ASSIGNMENT — Retrieve every line of the data holding the word "keeps".

GIVEN RECORDS —
<<<<

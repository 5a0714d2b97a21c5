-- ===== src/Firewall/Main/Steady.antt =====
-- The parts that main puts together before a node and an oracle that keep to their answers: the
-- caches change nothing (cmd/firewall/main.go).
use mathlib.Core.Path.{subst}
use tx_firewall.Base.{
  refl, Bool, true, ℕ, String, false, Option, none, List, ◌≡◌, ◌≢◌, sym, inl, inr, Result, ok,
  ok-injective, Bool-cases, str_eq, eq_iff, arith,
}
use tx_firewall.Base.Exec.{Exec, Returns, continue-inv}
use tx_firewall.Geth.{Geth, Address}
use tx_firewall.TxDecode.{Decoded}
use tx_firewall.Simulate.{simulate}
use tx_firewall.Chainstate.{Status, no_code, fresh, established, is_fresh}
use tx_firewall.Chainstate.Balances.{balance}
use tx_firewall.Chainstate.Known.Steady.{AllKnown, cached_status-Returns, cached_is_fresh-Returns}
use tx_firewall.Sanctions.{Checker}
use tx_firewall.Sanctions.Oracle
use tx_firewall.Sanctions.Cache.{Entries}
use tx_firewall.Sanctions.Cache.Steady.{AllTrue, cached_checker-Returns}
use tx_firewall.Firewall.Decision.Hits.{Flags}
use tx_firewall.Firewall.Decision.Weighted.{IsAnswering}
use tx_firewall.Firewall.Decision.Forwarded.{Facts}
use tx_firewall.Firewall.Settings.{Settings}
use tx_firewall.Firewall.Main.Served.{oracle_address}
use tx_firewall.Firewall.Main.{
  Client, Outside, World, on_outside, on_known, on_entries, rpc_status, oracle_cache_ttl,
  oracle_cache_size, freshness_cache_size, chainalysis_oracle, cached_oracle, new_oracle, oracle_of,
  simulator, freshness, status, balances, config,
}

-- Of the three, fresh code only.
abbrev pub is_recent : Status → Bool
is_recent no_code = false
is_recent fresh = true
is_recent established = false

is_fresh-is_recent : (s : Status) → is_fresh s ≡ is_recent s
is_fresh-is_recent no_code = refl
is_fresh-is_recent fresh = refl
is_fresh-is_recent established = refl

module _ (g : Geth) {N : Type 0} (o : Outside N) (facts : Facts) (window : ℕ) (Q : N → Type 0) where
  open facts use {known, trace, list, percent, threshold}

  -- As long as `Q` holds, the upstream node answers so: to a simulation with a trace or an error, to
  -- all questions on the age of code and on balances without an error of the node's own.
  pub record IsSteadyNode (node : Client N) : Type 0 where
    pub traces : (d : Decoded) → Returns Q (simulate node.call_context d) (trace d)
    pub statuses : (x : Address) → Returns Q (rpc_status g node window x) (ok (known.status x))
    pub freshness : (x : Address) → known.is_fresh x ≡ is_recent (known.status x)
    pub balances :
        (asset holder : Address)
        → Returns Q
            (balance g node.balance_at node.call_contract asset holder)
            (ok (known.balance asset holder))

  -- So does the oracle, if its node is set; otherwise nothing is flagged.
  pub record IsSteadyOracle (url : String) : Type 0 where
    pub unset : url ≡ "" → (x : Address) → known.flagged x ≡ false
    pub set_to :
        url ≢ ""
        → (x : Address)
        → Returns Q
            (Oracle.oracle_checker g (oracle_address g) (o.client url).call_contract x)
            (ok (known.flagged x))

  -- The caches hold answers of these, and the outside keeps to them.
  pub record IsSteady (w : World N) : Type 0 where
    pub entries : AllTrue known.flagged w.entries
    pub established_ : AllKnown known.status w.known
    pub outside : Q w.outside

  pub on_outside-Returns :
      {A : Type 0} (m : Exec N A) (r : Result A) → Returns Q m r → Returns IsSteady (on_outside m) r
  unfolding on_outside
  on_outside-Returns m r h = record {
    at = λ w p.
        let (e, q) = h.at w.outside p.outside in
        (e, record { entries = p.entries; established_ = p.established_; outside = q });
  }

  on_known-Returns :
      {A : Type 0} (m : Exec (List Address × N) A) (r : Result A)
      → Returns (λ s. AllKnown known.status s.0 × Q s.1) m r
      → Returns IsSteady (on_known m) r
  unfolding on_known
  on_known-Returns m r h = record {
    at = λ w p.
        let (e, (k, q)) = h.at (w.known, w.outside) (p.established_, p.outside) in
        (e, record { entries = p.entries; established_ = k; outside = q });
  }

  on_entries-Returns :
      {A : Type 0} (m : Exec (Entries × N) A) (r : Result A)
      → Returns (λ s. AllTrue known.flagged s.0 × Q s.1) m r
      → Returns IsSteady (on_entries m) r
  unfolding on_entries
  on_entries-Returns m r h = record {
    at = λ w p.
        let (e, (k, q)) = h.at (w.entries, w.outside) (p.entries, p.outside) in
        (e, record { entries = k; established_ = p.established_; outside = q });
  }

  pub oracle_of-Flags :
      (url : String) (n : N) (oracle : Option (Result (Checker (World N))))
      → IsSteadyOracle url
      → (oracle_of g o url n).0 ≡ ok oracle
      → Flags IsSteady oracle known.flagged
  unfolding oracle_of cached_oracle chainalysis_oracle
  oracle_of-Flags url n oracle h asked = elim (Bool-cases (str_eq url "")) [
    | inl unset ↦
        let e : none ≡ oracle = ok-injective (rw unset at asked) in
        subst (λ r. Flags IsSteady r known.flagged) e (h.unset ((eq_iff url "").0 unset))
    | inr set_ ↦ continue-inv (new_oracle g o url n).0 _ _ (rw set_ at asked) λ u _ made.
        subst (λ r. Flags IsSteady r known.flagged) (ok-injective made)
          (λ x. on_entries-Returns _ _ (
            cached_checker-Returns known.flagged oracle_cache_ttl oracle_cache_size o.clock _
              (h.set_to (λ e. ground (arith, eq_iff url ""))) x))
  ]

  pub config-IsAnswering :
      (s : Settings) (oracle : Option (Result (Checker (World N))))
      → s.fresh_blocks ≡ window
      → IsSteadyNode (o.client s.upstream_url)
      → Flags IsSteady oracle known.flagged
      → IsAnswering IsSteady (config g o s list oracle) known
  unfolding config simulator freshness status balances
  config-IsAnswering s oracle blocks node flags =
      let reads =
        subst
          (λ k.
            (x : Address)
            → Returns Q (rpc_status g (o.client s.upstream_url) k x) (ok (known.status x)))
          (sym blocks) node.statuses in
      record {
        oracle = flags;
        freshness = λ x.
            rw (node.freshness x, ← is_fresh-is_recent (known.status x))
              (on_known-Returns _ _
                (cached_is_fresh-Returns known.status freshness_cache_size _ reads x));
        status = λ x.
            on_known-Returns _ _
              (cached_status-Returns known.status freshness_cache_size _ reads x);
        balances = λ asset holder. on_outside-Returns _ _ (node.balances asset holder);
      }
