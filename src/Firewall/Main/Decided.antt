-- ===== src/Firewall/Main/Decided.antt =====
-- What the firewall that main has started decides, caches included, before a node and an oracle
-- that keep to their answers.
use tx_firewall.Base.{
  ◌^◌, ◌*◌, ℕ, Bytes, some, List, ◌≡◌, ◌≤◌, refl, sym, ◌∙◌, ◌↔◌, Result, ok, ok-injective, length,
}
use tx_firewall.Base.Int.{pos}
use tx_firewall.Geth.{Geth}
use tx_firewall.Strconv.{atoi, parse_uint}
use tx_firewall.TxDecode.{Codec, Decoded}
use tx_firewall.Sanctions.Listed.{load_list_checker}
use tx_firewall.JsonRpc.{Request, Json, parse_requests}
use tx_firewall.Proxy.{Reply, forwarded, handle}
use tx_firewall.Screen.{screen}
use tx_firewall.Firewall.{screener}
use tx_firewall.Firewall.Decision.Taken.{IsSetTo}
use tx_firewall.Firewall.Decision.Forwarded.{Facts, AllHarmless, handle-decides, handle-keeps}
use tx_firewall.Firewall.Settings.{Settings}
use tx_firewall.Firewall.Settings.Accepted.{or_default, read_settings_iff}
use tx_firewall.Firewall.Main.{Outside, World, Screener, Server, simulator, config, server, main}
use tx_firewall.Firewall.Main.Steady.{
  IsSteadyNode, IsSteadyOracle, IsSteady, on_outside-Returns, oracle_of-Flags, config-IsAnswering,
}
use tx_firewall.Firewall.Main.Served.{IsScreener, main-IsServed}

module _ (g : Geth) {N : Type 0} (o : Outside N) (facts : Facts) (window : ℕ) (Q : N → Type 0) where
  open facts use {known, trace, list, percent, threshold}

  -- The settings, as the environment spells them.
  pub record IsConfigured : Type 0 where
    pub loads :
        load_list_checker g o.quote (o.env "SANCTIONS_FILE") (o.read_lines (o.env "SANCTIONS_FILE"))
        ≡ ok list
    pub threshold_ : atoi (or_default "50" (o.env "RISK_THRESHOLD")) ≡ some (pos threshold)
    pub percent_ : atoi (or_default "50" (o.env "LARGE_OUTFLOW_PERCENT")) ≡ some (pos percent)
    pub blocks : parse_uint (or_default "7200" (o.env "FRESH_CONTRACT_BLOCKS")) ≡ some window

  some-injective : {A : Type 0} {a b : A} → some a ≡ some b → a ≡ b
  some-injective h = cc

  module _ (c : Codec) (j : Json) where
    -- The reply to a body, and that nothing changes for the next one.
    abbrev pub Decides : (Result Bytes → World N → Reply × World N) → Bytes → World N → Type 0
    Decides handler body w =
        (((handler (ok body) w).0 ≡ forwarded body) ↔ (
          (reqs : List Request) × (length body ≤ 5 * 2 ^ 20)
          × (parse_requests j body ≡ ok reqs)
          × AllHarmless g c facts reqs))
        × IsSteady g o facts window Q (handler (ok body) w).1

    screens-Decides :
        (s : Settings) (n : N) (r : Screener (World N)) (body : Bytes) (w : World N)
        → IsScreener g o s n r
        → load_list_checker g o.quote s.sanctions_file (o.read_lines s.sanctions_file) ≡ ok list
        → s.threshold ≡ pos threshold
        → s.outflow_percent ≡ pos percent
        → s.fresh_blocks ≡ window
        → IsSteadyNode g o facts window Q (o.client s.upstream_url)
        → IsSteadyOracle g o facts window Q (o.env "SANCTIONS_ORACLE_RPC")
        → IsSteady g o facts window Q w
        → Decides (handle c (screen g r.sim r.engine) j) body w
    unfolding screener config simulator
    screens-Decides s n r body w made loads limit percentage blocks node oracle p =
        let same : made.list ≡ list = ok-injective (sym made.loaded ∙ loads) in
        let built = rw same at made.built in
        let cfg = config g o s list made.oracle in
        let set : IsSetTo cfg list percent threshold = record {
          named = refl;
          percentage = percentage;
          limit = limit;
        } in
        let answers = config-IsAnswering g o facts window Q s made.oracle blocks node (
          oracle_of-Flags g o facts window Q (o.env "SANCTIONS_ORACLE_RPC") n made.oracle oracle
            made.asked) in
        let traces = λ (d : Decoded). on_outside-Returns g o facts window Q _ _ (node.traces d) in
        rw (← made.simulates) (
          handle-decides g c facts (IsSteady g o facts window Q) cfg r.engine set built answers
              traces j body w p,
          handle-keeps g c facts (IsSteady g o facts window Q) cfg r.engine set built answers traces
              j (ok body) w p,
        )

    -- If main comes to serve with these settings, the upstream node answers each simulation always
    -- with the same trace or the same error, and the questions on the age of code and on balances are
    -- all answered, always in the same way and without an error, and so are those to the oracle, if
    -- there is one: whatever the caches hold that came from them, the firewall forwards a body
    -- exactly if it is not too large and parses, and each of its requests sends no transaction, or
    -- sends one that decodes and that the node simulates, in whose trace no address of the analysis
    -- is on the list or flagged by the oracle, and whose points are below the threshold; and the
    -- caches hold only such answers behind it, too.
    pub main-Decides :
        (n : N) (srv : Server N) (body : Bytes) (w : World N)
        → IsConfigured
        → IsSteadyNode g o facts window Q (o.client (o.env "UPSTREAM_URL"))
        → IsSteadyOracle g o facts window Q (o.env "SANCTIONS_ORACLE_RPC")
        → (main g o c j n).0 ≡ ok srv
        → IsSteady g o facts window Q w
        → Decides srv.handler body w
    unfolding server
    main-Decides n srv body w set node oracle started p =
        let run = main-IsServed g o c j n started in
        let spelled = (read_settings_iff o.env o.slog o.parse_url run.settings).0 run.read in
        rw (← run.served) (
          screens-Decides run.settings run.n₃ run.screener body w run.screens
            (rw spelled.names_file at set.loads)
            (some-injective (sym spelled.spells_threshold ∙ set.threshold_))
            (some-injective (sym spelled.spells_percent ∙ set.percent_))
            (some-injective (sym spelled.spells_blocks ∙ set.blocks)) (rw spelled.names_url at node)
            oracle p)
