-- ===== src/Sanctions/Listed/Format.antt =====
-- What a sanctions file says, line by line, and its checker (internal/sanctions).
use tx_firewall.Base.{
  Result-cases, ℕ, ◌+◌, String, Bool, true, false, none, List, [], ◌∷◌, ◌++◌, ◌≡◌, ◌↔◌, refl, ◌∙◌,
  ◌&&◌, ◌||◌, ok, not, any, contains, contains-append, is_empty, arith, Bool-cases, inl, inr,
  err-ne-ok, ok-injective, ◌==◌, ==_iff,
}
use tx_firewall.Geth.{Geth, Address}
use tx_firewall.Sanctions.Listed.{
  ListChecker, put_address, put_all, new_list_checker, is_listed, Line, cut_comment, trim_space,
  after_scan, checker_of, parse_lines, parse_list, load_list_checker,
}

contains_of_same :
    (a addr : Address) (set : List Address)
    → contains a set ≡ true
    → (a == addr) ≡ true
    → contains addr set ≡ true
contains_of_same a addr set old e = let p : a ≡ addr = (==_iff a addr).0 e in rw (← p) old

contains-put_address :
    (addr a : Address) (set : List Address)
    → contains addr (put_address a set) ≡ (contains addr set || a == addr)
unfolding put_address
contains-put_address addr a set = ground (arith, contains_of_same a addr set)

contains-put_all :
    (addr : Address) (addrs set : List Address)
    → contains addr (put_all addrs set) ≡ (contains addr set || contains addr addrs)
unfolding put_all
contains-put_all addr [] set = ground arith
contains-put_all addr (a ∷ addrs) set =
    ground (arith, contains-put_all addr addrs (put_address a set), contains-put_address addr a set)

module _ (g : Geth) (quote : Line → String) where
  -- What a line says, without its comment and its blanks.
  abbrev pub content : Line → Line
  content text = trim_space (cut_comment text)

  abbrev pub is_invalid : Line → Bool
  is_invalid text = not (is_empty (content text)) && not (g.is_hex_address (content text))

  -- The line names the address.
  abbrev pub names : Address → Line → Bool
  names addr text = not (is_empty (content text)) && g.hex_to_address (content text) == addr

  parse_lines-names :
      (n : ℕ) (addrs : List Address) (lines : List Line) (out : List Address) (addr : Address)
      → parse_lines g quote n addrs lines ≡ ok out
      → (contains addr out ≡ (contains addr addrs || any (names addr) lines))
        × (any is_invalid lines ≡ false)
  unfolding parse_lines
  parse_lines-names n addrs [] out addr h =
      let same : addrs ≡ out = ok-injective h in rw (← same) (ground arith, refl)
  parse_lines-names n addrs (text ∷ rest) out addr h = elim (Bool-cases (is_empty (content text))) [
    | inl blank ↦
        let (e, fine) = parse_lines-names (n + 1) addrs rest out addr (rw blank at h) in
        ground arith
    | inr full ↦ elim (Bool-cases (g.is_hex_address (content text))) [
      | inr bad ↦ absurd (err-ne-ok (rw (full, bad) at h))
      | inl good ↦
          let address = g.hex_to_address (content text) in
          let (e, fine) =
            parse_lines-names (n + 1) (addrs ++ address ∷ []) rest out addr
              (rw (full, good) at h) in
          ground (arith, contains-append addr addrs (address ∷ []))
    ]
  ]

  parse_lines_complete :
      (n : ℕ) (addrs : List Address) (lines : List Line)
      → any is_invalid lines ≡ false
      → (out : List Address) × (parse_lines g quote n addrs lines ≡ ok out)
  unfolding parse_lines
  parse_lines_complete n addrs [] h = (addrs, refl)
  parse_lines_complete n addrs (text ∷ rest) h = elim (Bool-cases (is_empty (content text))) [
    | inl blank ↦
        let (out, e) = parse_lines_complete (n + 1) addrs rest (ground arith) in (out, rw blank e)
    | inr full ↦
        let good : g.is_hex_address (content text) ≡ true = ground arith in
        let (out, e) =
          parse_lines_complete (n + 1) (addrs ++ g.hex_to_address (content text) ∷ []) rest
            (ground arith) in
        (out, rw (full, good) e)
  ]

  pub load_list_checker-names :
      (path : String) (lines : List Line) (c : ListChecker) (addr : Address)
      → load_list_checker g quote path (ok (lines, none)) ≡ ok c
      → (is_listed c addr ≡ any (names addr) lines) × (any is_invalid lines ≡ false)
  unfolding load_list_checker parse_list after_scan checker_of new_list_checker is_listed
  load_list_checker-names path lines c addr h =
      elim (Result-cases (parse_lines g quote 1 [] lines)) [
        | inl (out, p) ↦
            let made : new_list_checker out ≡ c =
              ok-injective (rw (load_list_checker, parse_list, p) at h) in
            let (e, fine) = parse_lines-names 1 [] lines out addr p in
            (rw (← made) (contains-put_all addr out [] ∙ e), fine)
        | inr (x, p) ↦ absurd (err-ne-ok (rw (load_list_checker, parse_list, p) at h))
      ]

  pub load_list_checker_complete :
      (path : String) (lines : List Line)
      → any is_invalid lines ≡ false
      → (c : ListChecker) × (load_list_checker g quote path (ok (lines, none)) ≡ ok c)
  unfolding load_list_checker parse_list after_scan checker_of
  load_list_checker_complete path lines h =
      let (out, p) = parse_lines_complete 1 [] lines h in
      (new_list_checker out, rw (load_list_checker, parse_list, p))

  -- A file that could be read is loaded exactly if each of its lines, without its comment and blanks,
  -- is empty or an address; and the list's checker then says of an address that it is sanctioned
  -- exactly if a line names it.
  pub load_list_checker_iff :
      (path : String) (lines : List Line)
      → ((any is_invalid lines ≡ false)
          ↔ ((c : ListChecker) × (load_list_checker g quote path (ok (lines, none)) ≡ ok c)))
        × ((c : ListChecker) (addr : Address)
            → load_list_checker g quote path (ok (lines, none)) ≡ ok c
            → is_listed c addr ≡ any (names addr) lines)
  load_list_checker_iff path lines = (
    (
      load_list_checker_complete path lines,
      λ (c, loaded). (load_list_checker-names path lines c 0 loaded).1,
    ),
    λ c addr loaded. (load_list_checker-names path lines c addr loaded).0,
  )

>>>>

EXPECTED OUTPUT —
  -- The caches hold answers of these, and the outside keeps to them.
use tx_firewall.Firewall.Decision.Forwarded.{Facts, AllHarmless, handle-decides, handle-keeps}
          handle-keeps g c facts (IsSteady g o facts window Q) cfg r.engine set built answers traces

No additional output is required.